Dataset entries: Begin

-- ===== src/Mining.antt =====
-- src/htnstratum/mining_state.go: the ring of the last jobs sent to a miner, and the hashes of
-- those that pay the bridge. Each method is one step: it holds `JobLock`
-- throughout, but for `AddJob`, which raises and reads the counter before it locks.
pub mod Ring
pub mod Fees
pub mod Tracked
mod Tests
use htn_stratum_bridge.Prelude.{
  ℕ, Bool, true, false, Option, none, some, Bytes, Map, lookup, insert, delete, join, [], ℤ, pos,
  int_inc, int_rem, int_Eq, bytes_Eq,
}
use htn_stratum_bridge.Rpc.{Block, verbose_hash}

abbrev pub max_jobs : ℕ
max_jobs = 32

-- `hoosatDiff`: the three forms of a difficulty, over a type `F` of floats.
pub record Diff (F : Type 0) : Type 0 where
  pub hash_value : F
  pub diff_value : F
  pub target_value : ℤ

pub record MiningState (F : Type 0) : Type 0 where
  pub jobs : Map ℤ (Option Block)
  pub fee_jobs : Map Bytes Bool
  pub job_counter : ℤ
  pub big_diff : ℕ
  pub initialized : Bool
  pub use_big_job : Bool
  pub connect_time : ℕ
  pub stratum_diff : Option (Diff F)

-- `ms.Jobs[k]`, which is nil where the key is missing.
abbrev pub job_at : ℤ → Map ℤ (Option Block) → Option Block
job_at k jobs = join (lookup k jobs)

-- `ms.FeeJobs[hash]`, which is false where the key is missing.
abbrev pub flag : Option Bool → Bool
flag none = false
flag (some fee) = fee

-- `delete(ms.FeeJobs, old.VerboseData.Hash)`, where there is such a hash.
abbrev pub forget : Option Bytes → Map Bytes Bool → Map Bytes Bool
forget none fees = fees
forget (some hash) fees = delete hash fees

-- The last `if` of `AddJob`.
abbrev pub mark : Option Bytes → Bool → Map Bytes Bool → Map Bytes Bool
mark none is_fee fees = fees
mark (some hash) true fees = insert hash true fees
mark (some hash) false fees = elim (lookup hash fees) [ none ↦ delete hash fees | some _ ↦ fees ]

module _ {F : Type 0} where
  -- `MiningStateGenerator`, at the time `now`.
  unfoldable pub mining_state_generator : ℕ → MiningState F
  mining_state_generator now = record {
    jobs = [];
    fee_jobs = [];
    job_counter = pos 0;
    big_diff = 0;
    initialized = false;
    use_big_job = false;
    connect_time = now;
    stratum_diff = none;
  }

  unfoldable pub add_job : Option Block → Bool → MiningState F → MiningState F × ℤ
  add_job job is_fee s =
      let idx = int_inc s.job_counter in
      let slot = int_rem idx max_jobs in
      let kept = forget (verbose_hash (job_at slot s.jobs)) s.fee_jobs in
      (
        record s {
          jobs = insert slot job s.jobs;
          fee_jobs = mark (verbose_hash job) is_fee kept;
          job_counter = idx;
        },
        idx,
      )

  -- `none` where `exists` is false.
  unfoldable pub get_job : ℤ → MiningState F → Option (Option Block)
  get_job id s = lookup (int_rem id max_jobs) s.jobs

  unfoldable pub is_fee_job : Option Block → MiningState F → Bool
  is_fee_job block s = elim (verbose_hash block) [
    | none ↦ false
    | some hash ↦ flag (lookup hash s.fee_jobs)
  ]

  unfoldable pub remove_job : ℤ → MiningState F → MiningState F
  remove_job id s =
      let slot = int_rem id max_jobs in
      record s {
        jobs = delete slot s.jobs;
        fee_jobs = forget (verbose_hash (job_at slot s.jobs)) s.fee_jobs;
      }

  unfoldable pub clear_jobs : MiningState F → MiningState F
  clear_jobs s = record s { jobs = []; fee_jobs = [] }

Dataset entries: End

- Directions for this task -
Print, without alteration, only the lines above between the one holding "pub jobs : Map ℤ (Option Block)" and the one holding "abbrev pub job_at", inclusive.

- Response area -
  pub jobs : Map ℤ (Option Block)
  pub fee_jobs : Map Bytes Bool
  pub job_counter : ℤ
  pub big_diff : ℕ
  pub initialized : Bool
  pub use_big_job : Bool
  pub connect_time : ℕ
  pub stratum_diff : Option (Diff F)

-- `ms.Jobs[k]`, which is nil where the key is missing.
abbrev pub job_at : ℤ → Map ℤ (Option Block) → Option Block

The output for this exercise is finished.